- TASK STATEMENT -
Find every line of the records that has "rest" and return it.

- PROVIDED MATERIAL -
————

-- ===== src/BdevTest/Phases.antt =====
-- examples/rw_test.cc on a device that takes every command: the resets and the appends, which end in any
-- order.
use zns_emulation_bench.Prelude.{
  ℕ, zero, suc, ◌+◌, ◌-◌, ◌*◌, ◌^◌, ◌<◌, ◌≡◌, refl, sym, ap, subst, ◌∙◌, true, if_true, if_false,
  ◌==◌, some, List, [], ◌∷◌, length, length-append, length-remove_at, All, All-append,
  All-get_elem?, All-remove_at, eq_nil_of_length, get_elem?, remove_at, map, u32, arith,
}
use zns_emulation_bench.BdevTest.{
  Bdev, Request, reset, append, read, Context, Event, completed, sent, append_times, append_zones,
  count_down, step, run,
}

-- What a loop of appends changes: `n` commands more are in flight.
pub record Grown (P : Request → Type 0) (n : ℕ) (c c' : Context) : Type 0 where
  pub more : length c'.in_flight ≡ length c.in_flight + n
  pub kinds : All P c.in_flight → All P c'.in_flight
  pub count_same : c'.count ≡ c.count
  pub write_same : c'.write_buff ≡ c.write_buff
  pub size_same : c'.zone_size ≡ c.zone_size
  pub buff_same : c'.buff_size ≡ c.buff_size
  pub closed_same : c'.closed ≡ c.closed
  pub stops_same : c'.stops ≡ c.stops

pub Grown-refl : (P : Request → Type 0) (c : Context) → Grown P 0 c c
Grown-refl P c = record {
  more = omega arith;
  kinds = λ a. a;
  count_same = refl;
  write_same = refl;
  size_same = refl;
  buff_same = refl;
  closed_same = refl;
  stops_same = refl;
}

pub Grown-trans :
    (P : Request → Type 0) (m n : ℕ) (a b c : Context)
    → Grown P m a b
    → Grown P n b c
    → Grown P (m + n) a c
Grown-trans P m n a b c g h = record {
  more = omega (arith, g.more, h.more);
  kinds = λ x. h.kinds (g.kinds x);
  count_same = h.count_same ∙ g.count_same;
  write_same = h.write_same ∙ g.write_same;
  size_same = h.size_same ∙ g.size_same;
  buff_same = h.buff_same ∙ g.buff_same;
  closed_same = h.closed_same ∙ g.closed_same;
  stops_same = h.stops_same ∙ g.stops_same;
}

pub sent-Grown : (P : Request → Type 0) (r : Request) (c : Context) → P r → Grown P 1 c (sent r c)
sent-Grown P r c p = record {
  more = length-append c.in_flight (r ∷ []);
  kinds = λ a. All-append P c.in_flight (r ∷ []) a (p, tt);
  count_same = refl;
  write_same = refl;
  size_same = refl;
  buff_same = refl;
  closed_same = refl;
  stops_same = refl;
}

abbrev pub kind : Request → ℕ
kind (reset b) = 0
kind (append b) = 1
kind (read b) = 2

abbrev pub IsKind : ℕ → Request → Type 0
IsKind k r = kind r ≡ k

module _ (d : Bdev) (takes : (k : ℕ) → d.accepts k ≡ true) where
  append_times-Grown : (slba n : ℕ) (c : Context) → Grown (IsKind 1) n c (append_times d slba n c)
  unfolding append_times
  append_times-Grown slba zero c = Grown-refl (IsKind 1) c
  append_times-Grown slba (suc n) c =
      subst (λ (x : Context). Grown (IsKind 1) (suc n) c (append_times d slba n x))
        (sym (if_true _ _ (takes c.calls)))
        (subst (λ (k : ℕ). Grown (IsKind 1) k c (append_times d slba n (sent (append slba) c)))
          (omega arith)
          (Grown-trans (IsKind 1) 1 n c (sent (append slba) c) _
            (sent-Grown (IsKind 1) (append slba) c refl)
            (append_times-Grown slba n (sent (append slba) c))))

  pub append_zones-Grown :
      (times : ℕ) (slbas : List ℕ) (c : Context)
      → Grown (IsKind 1) (length slbas * times) c (append_zones d times slbas c)
  unfolding append_zones
  append_zones-Grown times [] c =
      subst (λ (k : ℕ). Grown (IsKind 1) k c c) (omega arith) (Grown-refl (IsKind 1) c)
  append_zones-Grown times (slba ∷ slbas) c =
      subst (λ (k : ℕ). Grown (IsKind 1) k c (append_zones d times (slba ∷ slbas) c)) (ground arith)
        (Grown-trans (IsKind 1) times (length slbas * times) c (append_times d slba times c) _
          (append_times-Grown slba times c)
          (append_zones-Grown times slbas (append_times d slba times c)))

-- Places at which `n` commands in flight end, one after another.
abbrev pub Places : List ℕ → ℕ → Type 0
Places [] n = n ≡ 0
Places (i ∷ is) n = (i < n) × Places is (n - 1)

abbrev pub succeeds : ℕ → Event
succeeds i = completed i true []

pub get_elem?-lt :
    {A : Type 0} (xs : List A) (i : ℕ) → i < length xs → (x : A) × (get_elem? xs i ≡ some x)
get_elem?-lt [] i h = absurd (omega arith)
get_elem?-lt (x ∷ xs) zero h = (x, refl)
get_elem?-lt (x ∷ xs) (suc i) h = get_elem?-lt xs i (omega arith)

count_down_last :
    (next : Context → Context) (c : Context)
    → c.count ≡ 1
    → count_down next c ≡ next (record c { count = 0 })
count_down_last next c e =
    if_true {b = u32 (c.count + 0xffffffff) == 0} _ _ (ground (arith, e))
    ∙ ap (λ (n : ℕ). next (record c { count = n })) (omega (arith, e))

count_down_more :
    (next : Context → Context) (c : Context) (n : ℕ)
    → c.count ≡ suc (suc n)
    → suc (suc n) < 2 ^ 32
    → count_down next c ≡ record c { count = suc n }
count_down_more next c n e small =
    if_false {b = u32 (c.count + 0xffffffff) == 0} _ _ (ground (arith, e))
    ∙ ap (λ (n : ℕ). record c { count = n }) (omega (arith, e))

-- Commands of one kind that count down: when all have ended, in whatever order, what follows is done.
module _ (d : Bdev) (k : ℕ) (next : Context → Context)
    (counts : (r : Request) (c : Context)
      → kind r ≡ k
      → (i : ℕ) → get_elem? c.in_flight i ≡ some r
      → step d (succeeds i) c
        ≡ count_down next (record c { in_flight = remove_at c.in_flight i })) where
  pub all_end :
      (is : List ℕ) (c : Context) (n : ℕ)
      → length c.in_flight ≡ suc n
      → c.count ≡ suc n
      → suc n < 2 ^ 32
      → All (IsKind k) c.in_flight
      → Places is (suc n)
      → run d (map succeeds is) c ≡ next (record c { count = 0; in_flight = [] })
  unfolding run
  all_end [] c n l e small kinds places = absurd (omega arith)
  all_end (i ∷ []) c zero l e small kinds (h, _) =
      let (r, found) = get_elem?-lt c.in_flight i (omega (arith, h, l)) in
      let kind_r = All-get_elem? (IsKind k) c.in_flight i kinds found in
      let none_left =
        eq_nil_of_length (remove_at c.in_flight i)
          (omega (arith, length-remove_at c.in_flight i found, l)) in
      counts r c kind_r i found
      ∙ count_down_last next (record c { in_flight = remove_at c.in_flight i }) e
      ∙ ap (λ (xs : List Request). next (record c { in_flight = xs; count = 0 })) none_left
  all_end (i ∷ j ∷ is) c zero l e small kinds (h, (h', _)) = absurd (omega (arith, h'))
  all_end (i ∷ is) c (suc n) l e small kinds (h, rest) =
      let (r, found) = get_elem?-lt c.in_flight i (omega (arith, h, l)) in
      let kind_r = All-get_elem? (IsKind k) c.in_flight i kinds found in
      ap (run d (map succeeds is)) (
        counts r c kind_r i found
        ∙ count_down_more next (record c { in_flight = remove_at c.in_flight i }) n e small)
      ∙ all_end is (record c { in_flight = remove_at c.in_flight i; count = suc n }) n
          (omega (arith, length-remove_at c.in_flight i found, l)) refl (omega (arith, small))
          (All-remove_at (IsKind k) c.in_flight i kinds) (subst (Places is) (omega arith) rest)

————

- RESULT FOR THIS EXERCISE -
  all_end (i ∷ is) c (suc n) l e small kinds (h, rest) =
          (All-remove_at (IsKind k) c.in_flight i kinds) (subst (Places is) (omega arith) rest)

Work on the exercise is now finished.